2- A some time in the future, a functioning out-of-the-system handgun might be valuable
3- Why not?

This little pistol is fully worth the effort to sleeve a worn bore. Especially if the OP has the skill set to do the job himself.

It's not going to cost anything, other than time and a few dollars of epoxy.

If push comes to shove, he can make a spud an even rifle his own sleeve.

I see there are manufacturers of such spuds int Czechoslovakia that make and sell them very cheap on ebay.
 
Why not just make a new barrel?
Most of the same skills and equipment are used in the process of making a sleeve, and a total replacement will be a much stronger alternative.

The barrel and the frame are all made with the same casting with this particular piece. Look at the first post and later pic.
 
Picture is not showing for me any more...

But it would still be possible to cut the barrel then thread a new barrel in - same as c96 get a new barrel installed even though the upper starts as a single unit with the barrel.

My understanding is that the owner wants the rollmark/markings on the barrel preserved so sleeving is the only way.
 
Picture is not showing for me any more...

But it would still be possible to cut the barrel then thread a new barrel in - same as c96 get a new barrel installed even though the upper starts as a single unit with the barrel.

My understanding is that the owner wants the rollmark/markings on the barrel preserved so sleeving is the only way.

Way more work, with adverse visible results than necessary for this particular job.
 
Agreed, esp. the visible results part :) Just pointing out that it is an option.

I wasn't dissing you at all.

Back when people were sleeving their prohibs to make them restricted, the odd nimrod only installed a sleeve in the barrel. This caused a few nasty kabooms, one of which was described on this site.

Many self taught lathe operators do not know how to cut threads or as is most often the case they have a very small machine that runs to fast to cut them reliably.
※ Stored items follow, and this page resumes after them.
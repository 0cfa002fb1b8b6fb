-- ===== src/Constants/Market.antt =====
-- Constants.h: prices, instruments and applications. Each constant is a value, and its text is what
-- is sent.
use multi_market_prices.Prelude.{
  ◌≡◌, refl, some, List, [], ◌∷◌, String, string_eq, string_dec, find_by, find_by-injective,
}

pub data PriceType : Type 0 where
  depth trade : PriceType

abbrev pub price_type_text : PriceType → String
price_type_text PriceType.depth = "depth"
price_type_text PriceType.trade = "trade"

abbrev pub all_price_type_text : List PriceType
all_price_type_text = PriceType.depth ∷ PriceType.trade ∷ []

price_type_text_found :
    (x : PriceType) → find_by price_type_text (price_type_text x) all_price_type_text ≡ some x
unfolding string_dec
price_type_text_found PriceType.depth = refl
price_type_text_found PriceType.trade = refl

pub price_type_text_injective : (x y : PriceType) → price_type_text x ≡ price_type_text y → x ≡ y
price_type_text_injective =
    find_by-injective price_type_text all_price_type_text price_type_text_found

pub data InstrumentType : Type 0 where
  spot future option : InstrumentType

abbrev pub instrument_type_text : InstrumentType → String
instrument_type_text InstrumentType.spot = "spot"
instrument_type_text InstrumentType.future = "future"
instrument_type_text InstrumentType.option = "option"

abbrev pub all_instrument_type_text : List InstrumentType
all_instrument_type_text = InstrumentType.spot ∷ InstrumentType.future ∷ InstrumentType.option ∷ []

instrument_type_text_found :
    (x : InstrumentType)
    → find_by instrument_type_text (instrument_type_text x) all_instrument_type_text ≡ some x
unfolding string_dec
instrument_type_text_found InstrumentType.spot = refl
instrument_type_text_found InstrumentType.future = refl
instrument_type_text_found InstrumentType.option = refl

pub instrument_type_text_injective :
    (x y : InstrumentType) → instrument_type_text x ≡ instrument_type_text y → x ≡ y
instrument_type_text_injective =
    find_by-injective instrument_type_text all_instrument_type_text instrument_type_text_found

pub data OptionType : Type 0 where
  call put : OptionType

abbrev pub option_type_text : OptionType → String
option_type_text OptionType.call = "call"
option_type_text OptionType.put = "put"

abbrev pub all_option_type_text : List OptionType
all_option_type_text = OptionType.call ∷ OptionType.put ∷ []

option_type_text_found :
    (x : OptionType) → find_by option_type_text (option_type_text x) all_option_type_text ≡ some x
unfolding string_dec
option_type_text_found OptionType.call = refl
option_type_text_found OptionType.put = refl

pub option_type_text_injective :
    (x y : OptionType) → option_type_text x ≡ option_type_text y → x ≡ y
option_type_text_injective =
    find_by-injective option_type_text all_option_type_text option_type_text_found

pub data InstrumentAttributes : Type 0 where
  instrument_type option_type : InstrumentAttributes

abbrev pub instrument_attributes_text : InstrumentAttributes → String
instrument_attributes_text InstrumentAttributes.instrument_type = "instrument_type"
instrument_attributes_text InstrumentAttributes.option_type = "option_type"

abbrev pub all_instrument_attributes_text : List InstrumentAttributes
all_instrument_attributes_text =
    InstrumentAttributes.instrument_type ∷ InstrumentAttributes.option_type ∷ []

instrument_attributes_text_found :
    (x : InstrumentAttributes)
    → find_by instrument_attributes_text
        (instrument_attributes_text x)
        all_instrument_attributes_text
      ≡ some x
unfolding string_dec
instrument_attributes_text_found InstrumentAttributes.instrument_type = refl
instrument_attributes_text_found InstrumentAttributes.option_type = refl

pub instrument_attributes_text_injective :
    (x y : InstrumentAttributes)
    → instrument_attributes_text x ≡ instrument_attributes_text y
    → x ≡ y
instrument_attributes_text_injective =
    find_by-injective instrument_attributes_text all_instrument_attributes_text
      instrument_attributes_text_found

pub data Exchanges : Type 0 where
  binance : Exchanges

abbrev pub exchanges_text : Exchanges → String
exchanges_text Exchanges.binance = "BINANCE"

abbrev pub all_exchanges_text : List Exchanges
all_exchanges_text = Exchanges.binance ∷ []

exchanges_text_found :
    (x : Exchanges) → find_by exchanges_text (exchanges_text x) all_exchanges_text ≡ some x
unfolding string_dec
exchanges_text_found Exchanges.binance = refl

pub exchanges_text_injective : (x y : Exchanges) → exchanges_text x ≡ exchanges_text y → x ≡ y
exchanges_text_injective = find_by-injective exchanges_text all_exchanges_text exchanges_text_found

pub data AppGroup : Type 0 where
  dummy data_dumper rs_router binance_md : AppGroup

abbrev pub app_group_text : AppGroup → String
app_group_text AppGroup.dummy = "dummy"
app_group_text AppGroup.data_dumper = "DataDumper"
app_group_text AppGroup.rs_router = "RSRouter"
app_group_text AppGroup.binance_md = "BinanceMD"

abbrev pub all_app_group_text : List AppGroup
all_app_group_text =
    AppGroup.dummy ∷ AppGroup.data_dumper ∷ AppGroup.rs_router ∷ AppGroup.binance_md ∷ []

app_group_text_found :
    (x : AppGroup) → find_by app_group_text (app_group_text x) all_app_group_text ≡ some x
unfolding string_dec
app_group_text_found AppGroup.dummy = refl
app_group_text_found AppGroup.data_dumper = refl
app_group_text_found AppGroup.rs_router = refl
app_group_text_found AppGroup.binance_md = refl

pub app_group_text_injective : (x y : AppGroup) → app_group_text x ≡ app_group_text y → x ≡ y
app_group_text_injective = find_by-injective app_group_text all_app_group_text app_group_text_found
The best way to sleeve a revolver barrel is to take the barrel out of the frame, make up a sleeve, from a blank by cutting the outside diameter of the barrel to be appx .100in larger than the thread diameter needed so that when the threads are cut there will be a shoulder for the sleeve to butt against the face of the receiver.
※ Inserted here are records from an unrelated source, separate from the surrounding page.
-- ===== src/Constants/Tags.antt =====
-- Constants.h: the names of the members of a message, and the values of some. Each constant is a
-- value, and its text is what is sent.
use multi_market_prices.Prelude.{
  ◌≡◌, refl, some, List, [], ◌∷◌, String, string_eq, string_dec, find_by, find_by-injective,
}

pub data Tags : Type 0 where
  message_type evt heart_beat_interval heart_beat_timeout app_id app_group latest_off_set : Tags
  subscription_key symbol price quantity action subscription_type group_identifier : Tags
  destination_topic destination_topics exchange symbol_list md_gw_status status_detail : Tags

abbrev pub tags_text : Tags → String
tags_text Tags.message_type = "message_type"
tags_text Tags.evt = "evt"
tags_text Tags.heart_beat_interval = "HeartBeatInterval"
tags_text Tags.heart_beat_timeout = "HeartBeatTimeout"
tags_text Tags.app_id = "appId"
tags_text Tags.app_group = "appGroup"
tags_text Tags.latest_off_set = "latestOffSet"
tags_text Tags.subscription_key = "key"
tags_text Tags.symbol = "symbol"
tags_text Tags.price = "price"
tags_text Tags.quantity = "quantity"
tags_text Tags.action = "action"
tags_text Tags.subscription_type = "type"
tags_text Tags.group_identifier = "group"
tags_text Tags.destination_topic = "destination_topic"
tags_text Tags.destination_topics = "destination_topics"
tags_text Tags.exchange = "exchange"
tags_text Tags.symbol_list = "symbols"
tags_text Tags.md_gw_status = "md_gw_status"
tags_text Tags.status_detail = "status_detail"

abbrev pub all_tags_text : List Tags
all_tags_text =
    Tags.message_type ∷ Tags.evt ∷ Tags.heart_beat_interval ∷ Tags.heart_beat_timeout ∷ Tags.app_id
    ∷ Tags.app_group ∷ Tags.latest_off_set ∷ Tags.subscription_key ∷ Tags.symbol ∷ Tags.price
    ∷ Tags.quantity ∷ Tags.action ∷ Tags.subscription_type ∷ Tags.group_identifier
    ∷ Tags.destination_topic ∷ Tags.destination_topics ∷ Tags.exchange ∷ Tags.symbol_list
    ∷ Tags.md_gw_status ∷ Tags.status_detail ∷ []

tags_text_found : (x : Tags) → find_by tags_text (tags_text x) all_tags_text ≡ some x
unfolding string_dec
tags_text_found Tags.message_type = refl
tags_text_found Tags.evt = refl
tags_text_found Tags.heart_beat_interval = refl
tags_text_found Tags.heart_beat_timeout = refl
tags_text_found Tags.app_id = refl
tags_text_found Tags.app_group = refl
tags_text_found Tags.latest_off_set = refl
tags_text_found Tags.subscription_key = refl
tags_text_found Tags.symbol = refl
tags_text_found Tags.price = refl
tags_text_found Tags.quantity = refl
tags_text_found Tags.action = refl
tags_text_found Tags.subscription_type = refl
tags_text_found Tags.group_identifier = refl
tags_text_found Tags.destination_topic = refl
tags_text_found Tags.destination_topics = refl
tags_text_found Tags.exchange = refl
tags_text_found Tags.symbol_list = refl
tags_text_found Tags.md_gw_status = refl
tags_text_found Tags.status_detail = refl

pub tags_text_injective : (x y : Tags) → tags_text x ≡ tags_text y → x ≡ y
tags_text_injective = find_by-injective tags_text all_tags_text tags_text_found

pub data TagValues : Type 0 where
  action_subscribe action_unsubscribe subscription_type_depth subscription_type_trade : TagValues

abbrev pub tag_values_text : TagValues → String
tag_values_text TagValues.action_subscribe = "subscribe"
tag_values_text TagValues.action_unsubscribe = "unsubscribe"
tag_values_text TagValues.subscription_type_depth = "depth"
tag_values_text TagValues.subscription_type_trade = "trade"

abbrev pub all_tag_values_text : List TagValues
all_tag_values_text =
    TagValues.action_subscribe ∷ TagValues.action_unsubscribe ∷ TagValues.subscription_type_depth
    ∷ TagValues.subscription_type_trade ∷ []

tag_values_text_found :
    (x : TagValues) → find_by tag_values_text (tag_values_text x) all_tag_values_text ≡ some x
unfolding string_dec
tag_values_text_found TagValues.action_subscribe = refl
tag_values_text_found TagValues.action_unsubscribe = refl
tag_values_text_found TagValues.subscription_type_depth = refl
tag_values_text_found TagValues.subscription_type_trade = refl

pub tag_values_text_injective : (x y : TagValues) → tag_values_text x ≡ tag_values_text y → x ≡ y
tag_values_text_injective =
    find_by-injective tag_values_text all_tag_values_text tag_values_text_found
Machine away the threaded portion of the original barrel and drill it out to fit over the sleeve with a few though clearance, for the epoxy/tin.
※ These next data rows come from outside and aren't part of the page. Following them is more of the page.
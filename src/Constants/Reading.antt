-- ===== src/Constants/Reading.antt =====
-- Constants.h: reading the level of logging and the type of a price.
use multi_market_prices.Prelude.{
  ◌≡◌, ◌↔◌, inl, inr, Bool-cases, eq_of_==, arith, refl, ◌∙◌, Option, none, some, String, string_eq,
  string_dec, ◌==◌, if◌then◌else◌, to_upper, to_lower, to_upper-to_lower,
}
use multi_market_prices.Constants.Tags.{TagValues, tag_values_text}
use multi_market_prices.Constants.Market.{PriceType, price_type_text}

pub data LoggingLevel : Type 0 where
  error warning info debug : LoggingLevel

unfoldable level_of : String → Option LoggingLevel
unfolding string_dec
level_of uppered =
    if uppered == "ERROR"
    then some error
    else if uppered == "WARNING"
    then some warning
    else if uppered == "INFO"
    then some info
    else if uppered == "DEBUG"
    then some debug
    else none

unfoldable pub str_to_log_level : String → Option LoggingLevel
unfolding level_of to_upper
str_to_log_level log_level = level_of (to_upper log_level)

-- The text of a level in the configuration.
abbrev pub level_text : LoggingLevel → String
level_text error = "ERROR"
level_text warning = "WARNING"
level_text info = "INFO"
level_text debug = "DEBUG"

-- `strToPriceType`
unfoldable pub str_to_price_type : String → Option PriceType
unfolding string_dec
str_to_price_type price_type =
    if price_type == tag_values_text TagValues.subscription_type_depth
    then some PriceType.depth
    else if price_type == tag_values_text TagValues.subscription_type_trade
    then some PriceType.trade
    else none

-- A level of logging is read back from its text, and from any text with the same upper-case letters, as
-- the text in lower case.
str_to_log_level-level_text :
    (l : LoggingLevel) (s : String)
    → to_upper s ≡ level_text l
    → (str_to_log_level s ≡ some l) × (str_to_log_level (to_lower s) ≡ some l)
unfolding str_to_log_level level_of string_dec
str_to_log_level-level_text error s e = (rw e refl, rw (to_upper-to_lower s, e) refl)
str_to_log_level-level_text warning s e = (rw e refl, rw (to_upper-to_lower s, e) refl)
str_to_log_level-level_text info s e = (rw e refl, rw (to_upper-to_lower s, e) refl)
str_to_log_level-level_text debug s e = (rw e refl, rw (to_upper-to_lower s, e) refl)

read_back : (p : PriceType) → str_to_price_type (price_type_text p) ≡ some p
unfolding str_to_price_type string_dec
read_back PriceType.depth = refl
read_back PriceType.trade = refl

-- The type of a price is read back from its text, and what is read from a text has that text.
pub str_to_price_type_iff :
    (s : String) (p : PriceType) → (str_to_price_type s ≡ some p) ↔ (s ≡ price_type_text p)
unfolding str_to_price_type string_dec
str_to_price_type_iff s p = (
  λ e. elim (Bool-cases (s == "depth")) [
    | inl d ↦ eq_of_== s "depth" d ∙ ground (arith, e, d)
    | inr d ↦ elim (Bool-cases (s == "trade")) [
      | inl t ↦ eq_of_== s "trade" t ∙ ground (arith, e, d, t)
      | inr t ↦ absurd (ground (arith, e, d, t))
    ]
  ],
  λ e. rw e (read_back p),
)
When I was still doing this work, I liked to cut the muzzle of the old barrel at 90 degrees, removing the crown, so that I could leave a section of the new threaded sleeve with a radiused and crowned tip to match.

This worked well when screwing the sleeve into the frame, after slipping it through the original barrel.

There's more to it but I think you get the idea.

Not the same as cleaning up a C96 barrel, which is a whole different matter but doable.